Wednesday, December 10, 2008

Fitz Pushes Envelope with Bonds-for-Editorial-Scalps Charge

It’s not terribly nice for a sitting governor to threaten to withhold financial assistance to a newspaper company because one of its outlets is calling for the governor’s impeachment. But is it a federal crime?

That’s one of the tricky questions posed by the case U.S. Attorney Patrick Fitzgerald unveiled yesterday against Illinois Governor Rod Blagojevich. Fitzgerald pushed the legal envelope when he charged that Blagojevich used his aides to solicit a bribe by telling the Tribune Company that a state-backed refinancing of its debt related to Wrigley Field would make more progress if the Chicago Tribune fired editorial writers who had sharply criticized the governor.

“It is novel. I can tell you that,” a former U.S. Attorney in Washington, D.C., Roscoe Howard, said of the newspaper-related bribery charge.

According to an FBI agent’s affidavit, Blagojevich’s wife, Patricia, could be heard in a wiretapped telephone call colorfully proposing that the governor’s aides “hold up that fucking Cubs shit….Fuck them.”

The preliminary charges filed against Blagojevich describe the proposed editorial board firings as a “thing of value” demanded from Tribune Co. Defendants in bribery prosecutions “are usually looking for money,” Mr. Howard said.

“It is kind of interesting as a legal issue whether the firing of certain editorial board members constitutes a ‘thing of value’ under the bribery statutes,” a law professor at Northwestern University in Chicago, Albert Alschuler, said. “There’s an obvious argument it is….The argument the other way is that reading the statute that way would make almost anything a ‘thing of value.’” Sexual favors have been held to be “things of value,” but several lawyers contacted for this article were unaware of any case addressing whether an editorial stance or news coverage met that test.

Alschuler said he expects prosecutors to argue that Blagojevich “taking into account anything other than the greater welfare of the people of the State of Illinois deprives the people of the State of Illinois of their right to honest services.” That stance is one that gives federal prosecutors broad authority to determine when personal interests have been put ahead of the public’s interest, a judgment that is open to dispute in the world of machine politics.

“Anytime you do a favor or anyone does a favor for you, it could be indicted as honest services fraud. It is a scary power,” Alschuler said. “So far, Fitzgerald has been able to get away with it.”

Some lawyers said Fitzgerald’s approach could criminalize some routine practices in Washington, such as the trading of a vote for a supporter’s appointment to a job, a vote for a presidential visit or fund-raiser, or even a vote on one bill or earmark for a vote on another. “How many deals are made every day where someone says, ‘I’ll vote for your bill, Mr. President, if you take my chief of staff and make him chief of staff in this office or that office’?” a former federal prosecutor, Victoria Toensing, asked.

“My objection to all of this is that federal prosecutors are deciding what is good government,” a law professor at Louisiana State University, John Baker, said. “These are accepted practices. If people want to reform that: fine, pass a law reforming it. Don’t let some federal prosecutor decide that after the fact.”

On the other hand, Alschuler said he was not personally troubled by the scope of the Tribune-related charges. “If it’s not criminal, certainly it ought to be,” he said.

Like any defendant, Blagojevich is entitled to have a jury decide whether it agrees with prosecutors about the “value” of the Tribune’s editorial stance. To convict, jurors would also have to find that the governor acted “corruptly” in making the proposal. Through his lawyer, Blagojevich has denied wrongdoing. “A lot of this is just politics,” the governor’s attorney, Sheldon Sorosky, said. The Tribune Co. issued a statement yesterday saying no one at the company tried to influence any internal staffing decisions.
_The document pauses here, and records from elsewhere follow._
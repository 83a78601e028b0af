-- ===== src/Access/Roles.antt =====
-- The guards against the table of roles, and the user that they see.
use text.Mathlib.Text.{◌==◌ as str_eq}
use attendence_v.Prelude.{
  ℕ, ◌*◌, ◌≤◌, ◌<◌, ◌≡◌, refl, String, Bool, true, false, Option, none, some, arith,
}
use attendence_v.Storage.{Session, Platform, Result, ok, raised}
use attendence_v.Storage.Models.{User, UserRole, admin, instructor, auditor, operator}
use attendence_v.Redis.{Redis, second}
use attendence_v.Auth.Tokens.Decoding.{decode_token-encode}
use attendence_v.Auth.Tokens.{
  TokenClaims, SecuritySettings, Jwt, claims_of, access, same_type, build_claims,
  create_access_token, token_blocklist_key, is_token_blocklisted, validate_token, check_claims,
}
use attendence_v.Auth.Replies.{find_user, open_session}
use attendence_v.Access.{
  check_active, check_token, credentials, authenticate, get_current_user, ensure_user_role, role_in,
  same_role, get_current_admin_user, get_current_instructor_user, get_current_ingest_user,
  get_current_worker_system, get_current_governance_reader,
}

-- What the documentation grants to a role.
pub record Rights : Type 0 where
  pub manages : Bool
  pub teaches : Bool
  pub ingests : Bool
  pub works : Bool
  pub audits : Bool

abbrev pub rights : UserRole → Rights
rights admin = record {
  manages = true;
  teaches = true;
  ingests = true;
  works = true;
  audits = true;
}
rights instructor = record {
  manages = false;
  teaches = true;
  ingests = true;
  works = false;
  audits = false;
}
rights auditor = record {
  manages = false;
  teaches = false;
  ingests = false;
  works = false;
  audits = true;
}
rights operator = record {
  manages = false;
  teaches = false;
  ingests = false;
  works = true;
  audits = false;
}

abbrev pub lets_in : Result User → Bool
lets_in (ok u) = true
lets_in (raised e) = false

-- The five guards let in exactly the roles of the table: an auditor nothing but the governance
-- readers' routes, an operator nothing but the workers', an instructor no others than teaching and
-- ingest, an administrator all.
guards_lem :
    (user : User)
    → (lets_in (get_current_admin_user user) ≡ (rights user.role).manages)
      × (lets_in (get_current_instructor_user user) ≡ (rights user.role).teaches)
      × (lets_in (get_current_ingest_user user) ≡ (rights user.role).ingests)
      × (lets_in (get_current_worker_system user) ≡ (rights user.role).works)
      × (lets_in (get_current_governance_reader user) ≡ (rights user.role).audits)
unfolding get_current_admin_user get_current_instructor_user get_current_ingest_user
    get_current_worker_system get_current_governance_reader ensure_user_role role_in same_role
guards_lem user = ground arith

module _ (redis : Redis) (jwt : Jwt) (settings : SecuritySettings) (p : Platform) where
  open redis use {State}

  -- A request that gets a user has a token that is not blank and that is validated as an access
  -- token at this moment, and the user is the active row that the token names: the role is the
  -- stored one, not the token's. It writes nothing.
  pub get_current_user_lem :
      (now : ℕ) (bearer cookie : Option String) (s : Session) (r : State) (user : User)
      → (get_current_user redis jwt settings p now bearer cookie r s).0 ≡ ok user
      → ((get_current_user redis jwt settings p now bearer cookie r s).1 ≡ s)
        × (user.is_active ≡ true)
        × ((token : String) × (claims : TokenClaims) × (credentials bearer cookie ≡ some token)
            × (str_eq (p.strip token) "" ≡ false)
            × (validate_token redis jwt settings now (p.strip token) access r ≡ claims_of claims)
            × (find_user claims.sub s.working.users ≡ some user))
  unfolding get_current_user authenticate check_token check_active
  get_current_user_lem now bearer cookie s r user h = ground arith

  -- The access token that a session opens with lets its user in, with the role that is stored at
  -- that time, from then on until it expires or its identifier is put on the blocklist.
  pub session_authenticates :
      (user stored : User) (jtis : String × String) (now t : ℕ) (s : Session) (r : State)
      → let token = (open_session jwt settings user jtis now).access_cookie in
        p.strip token ≡ token
        → str_eq token "" ≡ false
        → str_eq jtis.0 "" ≡ false
        → now ≤ t
        → t < (open_session jwt settings user jtis now).access_token_expires_at * second
        → redis.exists t (token_blocklist_key jtis.0) r ≡ false
        → find_user user.id s.working.users ≡ some stored
        → stored.is_active ≡ true
        → get_current_user redis jwt settings p t none (some token) r s ≡ (ok stored, s)
  unfolding open_session get_current_user authenticate credentials check_token check_active
      create_access_token build_claims validate_token is_token_blocklisted check_claims same_type
  session_authenticates user stored jtis now t s r stripped full named later early free found
        active =
      let claims =
        build_claims settings user.id user.role access (settings.access_token_ttl_minutes * 60)
          jtis.0 now in
      rw
        (
          stripped,
          full,
          decode_token-encode jwt settings t claims refl refl named (omega (arith, later)) early,
          free,
          found,
          active,
        )
        refl
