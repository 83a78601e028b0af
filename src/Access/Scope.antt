-- ===== src/Access/Scope.antt =====
-- The scope of a course, which fails closed.
use text.Mathlib.Text.{◌==◌ as str_eq}
use text.Mathlib.TextEquality.{eq_iff}
use attendence_v.Prelude.{ℕ, ◌≡◌, refl, ◌⊎◌, inl, inr, true, List, [], ◌∷◌, arith, Bool-cases}
use attendence_v.Storage.{Db, Session, Result, ok, raised, http}
use attendence_v.Storage.Models.{
  User, UserRole, CourseInstructor, admin, instructor, auditor, operator,
}
use attendence_v.Access.{linked, is_owner_link, same_role, ensure_course_scoped_principal}

-- A row that makes the user an owner of the course.
pub record IsOwner (user_id course_id : ℕ) (row : CourseInstructor) : Type 0 where
  pub same_user : row.user_id ≡ user_id
  pub same_course : row.course_id ≡ course_id
  pub owner : row.role_in_course ≡ "owner"

abbrev pub Owns : ℕ → ℕ → List CourseInstructor → Type 0
Owns user_id course_id [] = ⊥
Owns user_id course_id (row ∷ rows) = IsOwner user_id course_id row ⊎ Owns user_id course_id rows

is_owner_link-IsOwner :
    (user_id course_id : ℕ) (row : CourseInstructor)
    → is_owner_link user_id course_id row ≡ true
    → IsOwner user_id course_id row
unfolding is_owner_link
is_owner_link-IsOwner user_id course_id row h =
    let same : str_eq row.role_in_course "owner" ≡ true = ground arith in
    record {
      same_user = ground arith;
      same_course = ground arith;
      owner = (eq_iff row.role_in_course "owner").0 same;
    }

IsOwner-is_owner_link :
    (user_id course_id : ℕ) (row : CourseInstructor)
    → IsOwner user_id course_id row
    → is_owner_link user_id course_id row ≡ true
unfolding is_owner_link
IsOwner-is_owner_link user_id course_id row h =
    let same : str_eq row.role_in_course "owner" ≡ true =
      (eq_iff row.role_in_course "owner").1 h.owner in
    ground (arith, same, h.same_user, h.same_course)

linked-Owns :
    (user_id course_id : ℕ) (rows : List CourseInstructor)
    → linked user_id course_id rows ≡ true
    → Owns user_id course_id rows
unfolding linked
linked-Owns user_id course_id [] h = ground arith
linked-Owns user_id course_id (row ∷ rows) h =
    elim (Bool-cases (is_owner_link user_id course_id row)) [
      | inl own ↦ inl (is_owner_link-IsOwner user_id course_id row own)
      | inr other ↦ inr (linked-Owns user_id course_id rows (ground (arith, h, other)))
    ]

Owns-linked :
    (user_id course_id : ℕ) (rows : List CourseInstructor)
    → Owns user_id course_id rows
    → linked user_id course_id rows ≡ true
unfolding linked
Owns-linked user_id course_id [] x = elim x [ ]
Owns-linked user_id course_id (row ∷ rows) (inl own) =
    rw (IsOwner-is_owner_link user_id course_id row own) refl
Owns-linked user_id course_id (row ∷ rows) (inr later) =
    ground (arith, Owns-linked user_id course_id rows later)

-- Who gets through to a course: an administrator, and an instructor with an owner's row of it.
abbrev pub MayManage : User → ℕ → Db → Type 0
MayManage user course_id d =
    (user.role ≡ admin) ⊎ ((user.role ≡ instructor) × Owns user.id course_id d.course_instructors)

-- The two ways in which the check ends.
abbrev pub Decided : Type 0 → User → Session → Result User × Session → Type 0
Decided May user s (ok u, s') = May × (u ≡ user) × (s' ≡ s)
Decided May user s (raised e, s') = (May → ⊥) × (e ≡ http 404 "Course does not exist.") × (s' ≡ s)

module _ (user : User) (course_id : ℕ) (s : Session) where
  ensure_course_scoped_principal-Decided :
      (role : UserRole)
      → user.role ≡ role
      → Decided
          (MayManage user course_id s.working)
          user
          s
          (ensure_course_scoped_principal true user course_id s)
  unfolding ensure_course_scoped_principal same_role
  ensure_course_scoped_principal-Decided admin e = rw e ((inl refl, refl, refl))
  ensure_course_scoped_principal-Decided instructor e =
      elim (Bool-cases (linked user.id course_id s.working.course_instructors)) [
        | inl own ↦
            rw (e, own)
              (
                inr (refl, linked-Owns user.id course_id s.working.course_instructors own),
                refl,
                refl,
              )
        | inr other ↦
            rw (e, other)
              (
                λ (may : (instructor ≡ admin)
                      ⊎ ((instructor ≡ instructor)
                          × Owns user.id course_id s.working.course_instructors)).
                    elim may [
                      | inl h ↦ ground arith
                      | inr h ↦ ground (
                        arith,
                        other,
                        Owns-linked user.id course_id s.working.course_instructors h.1,
                      )
                    ],
                refl,
                refl,
              )
      ]
  ensure_course_scoped_principal-Decided auditor e =
      rw e ((λ may. elim may [ inl h ↦ ground arith | inr h ↦ ground arith ], refl, refl))
  ensure_course_scoped_principal-Decided operator e =
      rw e ((λ may. elim may [ inl h ↦ ground arith | inr h ↦ ground arith ], refl, refl))

-- With the scope on, a user gets through exactly if the role is administrator, or it is instructor
-- and there is a row of this user and this course with the role "owner". Everyone else gets the
-- same 404. Which courses exist plays no part, and nothing is written.
pub ensure_course_scoped_principal_lem :
    (user : User) (course_id : ℕ) (s : Session)
    → Decided
        (MayManage user course_id s.working)
        user
        s
        (ensure_course_scoped_principal true user course_id s)
ensure_course_scoped_principal_lem user course_id s =
    ensure_course_scoped_principal-Decided user course_id s user.role refl
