-- ===== src/Fixtures.antt =====
-- Small databases and platforms, for the instances of the theorems.
use attendence_v.Prelude.{true, false, some, none, [], ◌∷◌}
use attendence_v.Prelude.Double.{half_double}
use attendence_v.Storage.{Db, Session, Platform}
use attendence_v.Storage.Models.{User, Student, Course, Sighting, instructor, granted}

-- A platform on which every write goes through, over lower-case text with no blanks.
abbrev pub plain : Platform
plain = record {
  accepts = λ d. true;
  commits = λ d. true;
  now = 900;
  lower = λ s. s;
  strip = λ s. s;
  iso_date = λ d. "2026-05-01";
  uuid_text = λ k. "5";
}

-- A platform whose database takes nothing.
abbrev pub broken : Platform
broken = record plain { accepts = λ d. false }

abbrev pub empty_db : Db
empty_db = record {
  users = [];
  students = [];
  courses = [];
  rooms = [];
  course_instructors = [];
  sightings = [];
  class_session_records = [];
  student_embeddings = [];
  template_audit_logs = [];
  governance_logs = [];
}

abbrev pub teacher : User
teacher = record {
  id = 1;
  email = "t@example.org";
  full_name = "T. Teacher";
  password_hash = "hash";
  role = instructor;
  is_active = true;
  last_login_at = none;
}

abbrev pub student_five : Student
student_five = record {
  id = 5;
  user_id = 2;
  student_number = "S5";
  enrollment_year = 2025;
  date_of_birth = none;
  is_active = true;
  consent_status = granted;
  consent_at = none;
}

abbrev pub course_seven : Course
course_seven = record { id = 7; is_active = true }

-- A sighting of student 5 in course 7 on day 1.
abbrev pub seen_once : Sighting
seen_once = record {
  id = 30;
  student_id = some 5;
  course_id = 7;
  room_id = none;
  timestamp = 86400000100;
  camera_id = "cam";
  confidence_score = some half_double;
  embedding_reference = none;
}

abbrev pub class_db : Db
class_db = record empty_db {
  users = teacher ∷ [];
  students = student_five ∷ [];
  courses = course_seven ∷ [];
  sightings = seen_once ∷ [];
}

-- A session with no open change.
abbrev pub opened : Db → Session
opened d = record { committed = d; working = d }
Ultimately, any faults in the charge related to the Tribune could be immaterial, given the far more explosive and essentially separate charge that the senate seat being vacated by President-Elect Obama was being brazenly auctioned off by the Illinois governor. “This goes to an arrogance multiplied ten times over,” Toensing said. “I’m not a great fan of Fitzgerald, but this conduct seems be pretty out there, so whether he’s overreached on a count or two is not going to matter.”

In any event, it’s a tad humorous to see Fitzgerald riding to the Tribune’s rescue now after being faulted in at least two prior investigations for being inadequately sensitive to journalists’ concerns. Fitzgerald drew fire for seeking the jailing of a New York Times reporter, Judith Miller, in the CIA leak investigation which ultimately led to the conviction of Vice President Cheney’s chief of staff Lewis Libby. “I do not think that a reporter should be subpoenaed anything close to routinely. It should be an extraordinary case,” he said in 2005. In another less noticed case involving two Islamic charities with alleged ties to terrorist groups, Fitzgerald went after the phone records of Miller and another Times journalist, Philip Shenon. The prosecutor lost at the district court, but won at the 2nd Circuit. The Supreme Court refused to take the case.